Environmental DNA
(eDNA) for Biodiversity Monitoring in Cave Ecosystems
Mike Buchanan 2025
Abstract
Keywords: environmental DNA, caves, biodiversity monitoring,
groundwater, metabarcoding, conservation
1. Introduction
Cave ecosystems host specialised fauna, including
stygobionts, troglobionts, and species of high conservation concern.
Traditional survey methods often under-detect these organisms due to their
cryptic behaviours and inaccessible habitats. eDNA offers a non-invasive
alternative, capable of detecting rare and elusive taxa at high sensitivity
(Saccò et al., 2022).

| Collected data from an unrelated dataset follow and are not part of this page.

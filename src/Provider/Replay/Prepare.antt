-- ===== src/Provider/Replay/Prepare.antt =====
-- Idempotency of `Provider._prepare` of failover-provider/provider.py.
use zkdeal_cloud_deployer_in.Base.{
  Option, String, ap, both_true, eq_iff, eq_refl, false, none, refl, some, subst, sym, ℕ, ◌&&◌,
  ◌==◌, ◌∙◌, ◌≡◌,
}
use zkdeal_cloud_deployer_in.Base.Json.{Fields}
use zkdeal_cloud_deployer_in.Provider.Model.{
  Key, Operation, Result, Surroundings, World, continue, err, ok, provider_error, pure, require,
  ◌>>=◌,
}
use zkdeal_cloud_deployer_in.Provider.Probes.{Config}
use zkdeal_cloud_deployer_in.Provider.Store.{find, find-store_self}
use zkdeal_cloud_deployer_in.Provider.Operations.{
  Driver, begin, begin_prepare, check_prepare, insert, or_else, prepare, prepare_found,
  resume_prepare, run_prepare,
}
use zkdeal_cloud_deployer_in.Provider.Rules.{Leaves-save, err-ne-ok, ok_injective, require-result}
use zkdeal_cloud_deployer_in.Provider.Ensures.{
  Ensures, Ensures-Leaves, Ensures-bind, OnlyTests, OnlyTests-bind, OnlyTests-or_missing,
  OnlyTests-require,
}
use zkdeal_cloud_deployer_in.Provider.Untouched.{wall-Leaves}
use zkdeal_cloud_deployer_in.Provider.Replay.{Answered, Begun, IsLawful, run_prepare-Answered}

module _ (env : Surroundings) (config : Config) (driver : Driver) where
  pub check_prepare-OnlyTests :
      (key : String) (request : Fields) → OnlyTests (check_prepare env config driver key request)
  unfolding check_prepare
  check_prepare-OnlyTests key request = OnlyTests-bind _ _ (OnlyTests-require _ _) λ u.
      OnlyTests-bind _ _ (OnlyTests-require _ _) λ u.
        OnlyTests-bind _ _ (OnlyTests-require _ _) λ u.
          OnlyTests-bind _ _ (OnlyTests-require _ _)
            λ u. OnlyTests-bind _ _ (OnlyTests-require _ _) λ u. OnlyTests-or_missing _ _

  module _ (key : String) (request : Fields) where
    -- After its checks, a prepare goes by the entry that it finds.
    pub prepare_checked :
        (w : World)
        → prepare env config driver key request w
          ≡ continue
              (check_prepare-OnlyTests key request).result
              (λ id v. prepare_found env config driver (find id v.operations) key request id v)
              w
    unfolding prepare ◌>>=◌
    prepare_checked w = rw ((check_prepare-OnlyTests key request).at w)

    stored_again :
        (id : Key) (response : Fields) (o : Operation) (found : Option Operation) (w : World)
        → found ≡ some o
        → o.prepare_key ≡ env.sha256 key
        → o.prepare_request ≡ env.canonical_hash request
        → o.prepare_response ≡ some response
        → prepare_found env config driver found key request id w ≡ (ok response, w)
    unfolding prepare_found resume_prepare or_else ◌>>=◌
    stored_again id response o found w e k r s =
        rw (e, k, r, s, eq_refl (env.sha256 key), eq_refl (env.canonical_hash request))

    -- A stored entry of another key or another request is refused, and nothing changes.
    stored_conflict :
        (id : Key) (o : Operation) (found : Option Operation) (w : World)
        → found ≡ some o
        → (o.prepare_key == env.sha256 key && o.prepare_request == env.canonical_hash request)
          ≡ false
        → prepare_found env config driver found key request id w
          ≡ (err (provider_error 409 "idempotency-conflict"), w)
    unfolding prepare_found resume_prepare ◌>>=◌
    stored_conflict id o found w e differs = rw (e, differs)

    insert-Begun :
        (id : Key) (now : ℕ)
        → Ensures
            (λ w. Unit {0})
            (λ u w. Begun id (env.sha256 key) (env.canonical_hash request) w.operations)
            (insert id (begin env config driver key request now))
    unfolding insert
    insert-Begun id now = record {
      at = λ w p u h. (_, find-store_self id _ w.operations, refl, refl);
    }

    resume-Begun :
        (id : Key) (o : Operation)
        → Ensures
            (λ w. find id w.operations ≡ some o)
            (λ u w.
              (find id w.operations ≡ some o)
              × (o.prepare_key ≡ env.sha256 key)
              × (o.prepare_request ≡ env.canonical_hash request))
            (require
              (o.prepare_key == env.sha256 key && o.prepare_request == env.canonical_hash request)
              (provider_error 409 "idempotency-conflict"))
    unfolding require
    resume-Begun id o = record {
      at = λ w e u h.
          let (same_key, same_request) = both_true _ _ (require-result _ _ u h) in
          (e, (eq_iff _ _).0 same_key, (eq_iff _ _).0 same_request);
    }

    module _ (lawful : IsLawful driver) (id : Key) where
      abbrev AnsweredWith : Fields → World → Type 0
      AnsweredWith response w =
          Answered id (env.sha256 key) (env.canonical_hash request) response w.operations

      run_answered :
          Ensures
            (λ w. Begun id (env.sha256 key) (env.canonical_hash request) w.operations)
            AnsweredWith
            (run_prepare env config driver id request)
      run_answered = run_prepare-Answered id _ _ env config driver lawful request

      begin_prepare-Answered :
          Ensures (λ w. Unit {0}) AnsweredWith (begin_prepare env config driver key request id)
      unfolding begin_prepare
      begin_prepare-Answered =
          Ensures-bind _ _ (Ensures-Leaves {I = λ l. Unit {0}} (wall-Leaves env)) λ now.
            Ensures-bind _ _ (insert-Begun id now)
              λ u. Ensures-bind _ _ (Ensures-Leaves Leaves-save) λ u. run_answered

      or_else-Answered :
          (o : Operation) (kept : Option Fields)
          → o.prepare_response ≡ kept
          → (w : World) → find id w.operations ≡ some o
          → o.prepare_key ≡ env.sha256 key
          → o.prepare_request ≡ env.canonical_hash request
          → (r : Fields) → (or_else kept (run_prepare env config driver id request) w).0 ≡ ok r
          → AnsweredWith r (or_else kept (run_prepare env config driver id request) w).1
      unfolding or_else pure
      or_else-Answered o none e w f k q r h = run_answered.at w (o, f, k, q) r h
      or_else-Answered o (some response) e w f k q r h = (o, f, k, q, e ∙ ap some (ok_injective h))

      resume_prepare-Answered :
          (o : Operation)
          → Ensures
              (λ w. find id w.operations ≡ some o)
              AnsweredWith
              (resume_prepare env config driver key request id o)
      unfolding resume_prepare
      resume_prepare-Answered o = Ensures-bind _ _ (resume-Begun id o) λ u. record {
        at = λ w p r h. or_else-Answered o o.prepare_response refl w p.0 p.1 p.2 r h;
      }

      prepare_found-Answered :
          (found : Option Operation) (w : World)
          → find id w.operations ≡ found
          → (r : Fields) → (prepare_found env config driver found key request id w).0 ≡ ok r
          → AnsweredWith r (prepare_found env config driver found key request id w).1
      unfolding prepare_found
      prepare_found-Answered none w e r h = begin_prepare-Answered.at w tt r h
      prepare_found-Answered (some o) w e r h = (resume_prepare-Answered o).at w e r h

    module _ (lawful : IsLawful driver) where
      after_checks :
          (checked : Result Key) (w : World) (r : Fields)
          → (continue checked
              (λ id v. prepare_found env config driver (find id v.operations) key request id v)
              w).0
            ≡ ok r
          → (id : Key) × (checked ≡ ok id)
            × AnsweredWith lawful id r
                (continue checked
                  (λ id v. prepare_found env config driver (find id v.operations) key request id v)
                  w).1
      after_checks (err e) w r h = absurd (err-ne-ok h)
      after_checks (ok id) w r h = (id, refl, prepare_found-Answered lawful id _ w refl r h)

      -- A prepare that has returned a response leaves an entry that holds it.
      pub prepare-Answered :
          (w : World) (r : Fields)
          → (prepare env config driver key request w).0 ≡ ok r
          → (id : Key) × ((check_prepare-OnlyTests key request).result ≡ ok id)
            × Answered id
                (env.sha256 key)
                (env.canonical_hash request)
                r
                (prepare env config driver key request w).1.operations
      prepare-Answered w r h =
          subst
            (λ (out : Result Fields × World).
              out.0 ≡ ok r
              → (id : Key) × ((check_prepare-OnlyTests key request).result ≡ ok id)
                × Answered id (env.sha256 key) (env.canonical_hash request) r out.1.operations)
            (sym (prepare_checked w)) (after_checks _ w r) h

      -- Over a driver that changes the operations through its checkpoint alone: once a prepare has
      -- returned a response, the same request with the same key returns that response again, changes
      -- no operation and asks nothing of the platform.
      pub prepare_replays :
          (w : World) (r : Fields)
          → (prepare env config driver key request w).0 ≡ ok r
          → prepare env config driver key request (prepare env config driver key request w).1
            ≡ (ok r, (prepare env config driver key request w).1)
      prepare_replays w r h =
          let (id, e, a) = prepare-Answered w r h in
          prepare_checked _ ∙ rw e (stored_again id r a.0 _ _ a.1 a.2 a.3 a.4)

  same_result :
      (w : World) (key key' : String) (request request' : Fields)
      → (check_prepare env config driver key' request' w).0
        ≡ (check_prepare env config driver key request w).0
      → (check_prepare-OnlyTests key' request').result
        ≡ (check_prepare-OnlyTests key request).result
  same_result w key key' request request' same =
      sym (ap (λ x. x.0) ((check_prepare-OnlyTests key' request').at w))
      ∙ (same ∙ ap (λ x. x.0) ((check_prepare-OnlyTests key request).at w))

  module _ (lawful : IsLawful driver) where
    -- Over a driver that changes the operations through its checkpoint alone: once a prepare has
    -- returned a response, a later prepare that passes the
    -- checks for the same candidate with another key hash or another request hash is refused with
    -- status 409, changes nothing and asks nothing of the platform.
    pub prepare_conflict :
        (key key' : String) (request request' : Fields) (w : World) (r : Fields)
        → (prepare env config driver key request w).0 ≡ ok r
        → (check_prepare env config driver key' request' w).0
          ≡ (check_prepare env config driver key request w).0
        → (env.sha256 key == env.sha256 key'
            && env.canonical_hash request == env.canonical_hash request')
          ≡ false
        → prepare env config driver key' request' (prepare env config driver key request w).1 ≡ (
          err (provider_error 409 "idempotency-conflict"),
          (prepare env config driver key request w).1,
        )
    prepare_conflict key key' request request' w r h same differs =
        let (id, e, a) = prepare-Answered key request lawful w r h in
        prepare_checked key' request' _
        ∙ rw (same_result w key key' request request' same ∙ e)
            (stored_conflict key' request' id a.0 _ _ a.1 (rw (a.2, a.3) differs))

However, successful application in caves requires careful
attention to study design, environmental constraints, and integration with
conventional approaches.
2. Accuracy and Effectiveness of eDNA in Caves
Research indicates that eDNA effectively detects aquatic
cave species such as fish, crustaceans, and amphibians, often outperforming
visual surveys (Boyd et al., 2020). For terrestrial cave fauna, success is
contingent on the sampling substrate: guano, sediments, and biofilms yield more
reliable results than water alone (Saccò et al., 2022). While eDNA provides
high sensitivity, accuracy may be reduced by false positives from contamination
or transported DNA, and false negatives where biomass is very low (Goldberg et
al., 2016).
3. Sampling Effort and Duration
Standard practice recommends three to five replicates of
water (1–4 L filtered per replicate) or sediment samples at each site. Temporal
replication is equally important, with two sampling events considered minimal
and three to four across seasonal periods providing more robust coverage (Jerde
et al., 2019). Field campaigns can be completed within days, although
laboratory processing and bioinformatics can extend timelines to several weeks.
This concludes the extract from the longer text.